Над нами пролетели гуськом три вертолета, снижаясь к долине. С заднего вертолета увидели нас и скинули красный вымпел. «Привет отважным девушкам-ужгородкам» — обнаружили мы в нем записку. После этого нас охватило подозрительное уныние.

— А это Хайлыр? — спросила я.

— Ошибиться трудно, — ответил Седов. — Двести четырнадцать километров до ближайшего поселка.

— Да что я, в Хайлыре не был, что ли? — обиделся Иван Никитич. — Сейчас перевалим у той лиственницы и увидим.

И мы увидели. Сам Хайлыр, пожалуй, не изменился. Те же два десятка домиков, то же Хайлырское озеро — длинное, серое. Те же высокие голые сопки за дальним берегом.

Но все остальное резко изменилось. На склоне долины, вдоль озера, а также продолжением единственной улицы Хайлыра толпились палатки и подобные же временные сооружения для жилья. На ровной площадке за сельпо стояли рядами вертолеты, и время от времени какой-нибудь из них начинал перебирать винтовыми лопастями, будто раздумывал, не улететь ли ему отсюда. Посадочная площадка была обнесена неровной стеной ящиков, мешков и загадочных предметов разного размера. По улице поселка не спеша ехало по временным рельсам сооружение, похожее на портальный кран. На вершине сооружения сидел человек с киноаппаратом и сверху снимал кипящую жизнь.

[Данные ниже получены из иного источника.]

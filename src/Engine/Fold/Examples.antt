-- ===== src/Engine/Fold/Examples.antt =====
-- Small logs and their replay, with parsers that ignore their input, and addresses (engine).
use awf.Prelude.{
  ℕ, ◌≡◌, refl, Bytes, bytes_eq, codes, [], ◌∷◌, ◌++◌, Option, none, some, ok, String,
}
use awf.Prelude.Map.{lookup, insert}
use awf.Prelude.Int.{pos}
use awf.State.Event.{Event}
use awf.Engine.Events.{Json, NodeCompletedData, GateAttemptData, MapItemData}
use awf.Engine.RunState.{RunState, NodeResult, zero_state, record_completed, record_map_item}
use awf.Engine.RunState.Outcomes.{outcome_ok, parse_outcome}
use awf.Engine.Fold.{
  fold, item_record, fold_events, fold_kind, fold_run_started, fold_node_completed, node_result,
  commit_node, read_object, read_ref, is_empty, is_run_started,
}
use awf.Engine.Events.Kinds.{kind_of}
use awf.Engine.Fold.Committed.{fold_committed}
use awf.Engine.Fold.Invalidated.{IsInvalidated, fold-IsInvalidated}
use awf.Engine.Path.{
  iter_path, attempt_path, item_path, round_path, model_path, tool_path, parent_path,
}
use awf.Engine.Path.Parent.{parent_path_inverse}
use awf.Engine.Path.Unique.{item, address_unique}

abbrev completed_data : NodeCompletedData
completed_data = record {
  outcome = "ok";
  exit_code = some (pos 0);
  outputs_ref = [];
  stdout_ref = codes "r";
  files = [];
  snapshot_ref = [];
  container = [];
  transcript_ref = [];
  node_key = "k";
  node_subtree_digest = "";
  session_ref = [];
}

abbrev attempt_data : GateAttemptData
attempt_data = record { n = 1; attempt_outcome = "attempt_rejected"; verdict_ref = codes "v" }

abbrev item_data : MapItemData
item_data = record {
  n = 2;
  status = "done";
  image_digest = "";
  reason = "";
  outcome = "ok";
  cause = [];
}

abbrev pub parsers : Json
parsers = record {
  run_started = λ _. some (record {
    run_id = "run-1";
    workflow_digest = "w";
    structural_digest = "s";
    input_ref = [];
    assets = [];
    input_files = [];
  });
  run_resumed = λ _. none;
  call_started = λ _. none;
  node_completed = λ _. some completed_data;
  branch_taken = λ _. some "then";
  loop_iter = λ _. some 1;
  gate_attempt = λ _. some attempt_data;
  react_round = λ _. some 1;
  map_item = λ _. some item_data;
  map_frontier = λ _. some [];
  signal_received = λ _. none;
  skills_selected = λ _. none;
  node_invalidated = λ _. some (codes "greet" ∷ []);
  object = λ _. some (some []);
  transcript = λ raw. some raw;
}

abbrev blobs : Bytes → Option Bytes
blobs ref = some (codes "{}")

abbrev event_at : String → Bytes → Event
event_at name path = record {
  seq = 1;
  epoch = 0;
  ts = 0;
  path = path;
  event_type = name;
  payload_ref = [];
  event_data = [];
}

abbrev pub started : Event
started = event_at "run.started" []

abbrev pub greeted : Event
greeted = event_at "node.completed" (codes "greet")

abbrev pub begun : RunState
begun = record zero_state {
  run_id = "run-1";
  workflow_digest = "w";
  structural_digest = "s";
  epoch = 1;
}

abbrev greet_result : NodeResult
greet_result = record {
  outcome = outcome_ok;
  exit_code = some (pos 0);
  outputs = none;
  outputs_ref = [];
  stdout = some (codes "{}");
  stdout_ref = codes "r";
  files = [];
  transcript = none;
  node_key = "k";
  node_subtree_digest = "";
}

abbrev greeted_state : RunState
greeted_state = record begun { completed = (codes "greet", greet_result) ∷ [] }

begun_by : fold parsers blobs (started ∷ []) ≡ ok begun
unfolding fold fold_events fold_kind fold_run_started fold_node_completed node_result commit_node
    record_completed read_object read_ref kind_of is_run_started parse_outcome insert is_empty
begun_by = refl

greeted_by : fold parsers blobs (started ∷ greeted ∷ []) ≡ ok greeted_state
unfolding fold fold_events fold_kind fold_run_started fold_node_completed node_result commit_node
    record_completed read_object read_ref kind_of is_run_started parse_outcome insert is_empty
greeted_by = refl

fold_committed_example : greet_result.outcome ≡ outcome_ok
unfolding lookup bytes_eq
fold_committed_example =
    fold_committed parsers blobs (started ∷ greeted ∷ []) greeted_state (codes "greet") greet_result
      greeted_by refl

fold-IsInvalidated_example :
    (rs : RunState) × (fold parsers blobs
        (started ∷ (greeted ∷ [] ++ event_at "node.invalidated" [] ∷ []))
      ≡ ok rs)
    × IsInvalidated greeted_state rs (codes "greet" ∷ [])
unfolding kind_of
fold-IsInvalidated_example =
    fold-IsInvalidated parsers blobs started (event_at "node.invalidated" []) (greeted ∷ [])
      greeted_state (codes "greet" ∷ []) greeted_by refl refl

-- Item 2 recorded twice at one map.
abbrev recorded : RunState
recorded =
    record_map_item zero_state (codes "map[0]")
      (record (item_record item_data) { status = "running" })

address_unique_example :
    (item ≡ item) × (codes "map[0]" ≡ codes "map[0]") × ((let n : ℕ = 12 in n) ≡ 12)
address_unique_example = address_unique item item (codes "map[0]") (codes "map[0]") 12 12 refl

parent_path_inverse_example :
    (parent_path (iter_path (codes "loop[0].body") 3) ≡ some (codes "loop[0].body"))
    × (parent_path (attempt_path (codes "loop[0].body") 3) ≡ some (codes "loop[0].body"))
    × (parent_path (item_path (codes "loop[0].body") 3) ≡ some (codes "loop[0].body"))
    × (parent_path (round_path (codes "loop[0].body") 3) ≡ some (codes "loop[0].body"))
    × (parent_path (model_path (codes "loop[0].body")) ≡ some (codes "loop[0].body"))
    × (parent_path (tool_path (codes "loop[0].body") 3) ≡ some (codes "loop[0].body"))
parent_path_inverse_example = parent_path_inverse (codes "loop[0].body") 3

Честно говоря, меня больше всего поразила серая «Волга» с шашечками на боках и ярко горящим зеленым огоньком. «Волга» стояла перед сельсоветом, и местные собаки недоверчиво обнюхивали ее задний бампер. Я их понимала — в Хайлыр не ведет ни одной дороги, — а от реки двадцать три километра тропой через сопки.

На краю поселка строился небольшой оркестр. Оркестр сверкал трубами, и гулкие звуки настраивающихся инструментов долетали даже до нас.

— Все ясно, — сказал Руслан. — Снимается кино.

На склоне нас обогнали двигавшиеся размеренным полубегом девушки, покрытые здоровым бронзовым загаром. Девушки сказали нам хором:

— Физкультпривет!

Руслан сказал им вслед:

— Привет отважным девушкам-ужгородкам.

Девушки остановились, развернулись к нам фронтом и ответили:

— Спа-си-бо!

— Вот угадал, — удивился Иван Никитич. Мы пристроились в хвост девичьему отряду.

При виде колонны оркестр грянул «Сормовскую лирическую». Под ногами побрякивали консервные банки и взлетали орлятами обрывки местных и центральных газет.

Ведомые Иван Никитичем, мы пробрались задами к избе председателя. Последнее, что мы увидели, перед тем как нырнули в избу, были два вертолета, которые совместно волокли по небу непонятное сооружение из железной арматуры.

Мы не ожидали застать председателя, но застали его. Председатель был на вид мрачен и недружелюбен.

— Здравствуй, Савватий, — сказал Иван Никитич, снимая кепку с поломанным козырьком.

— А, — сказал председатель. — И ты тоже, Иван.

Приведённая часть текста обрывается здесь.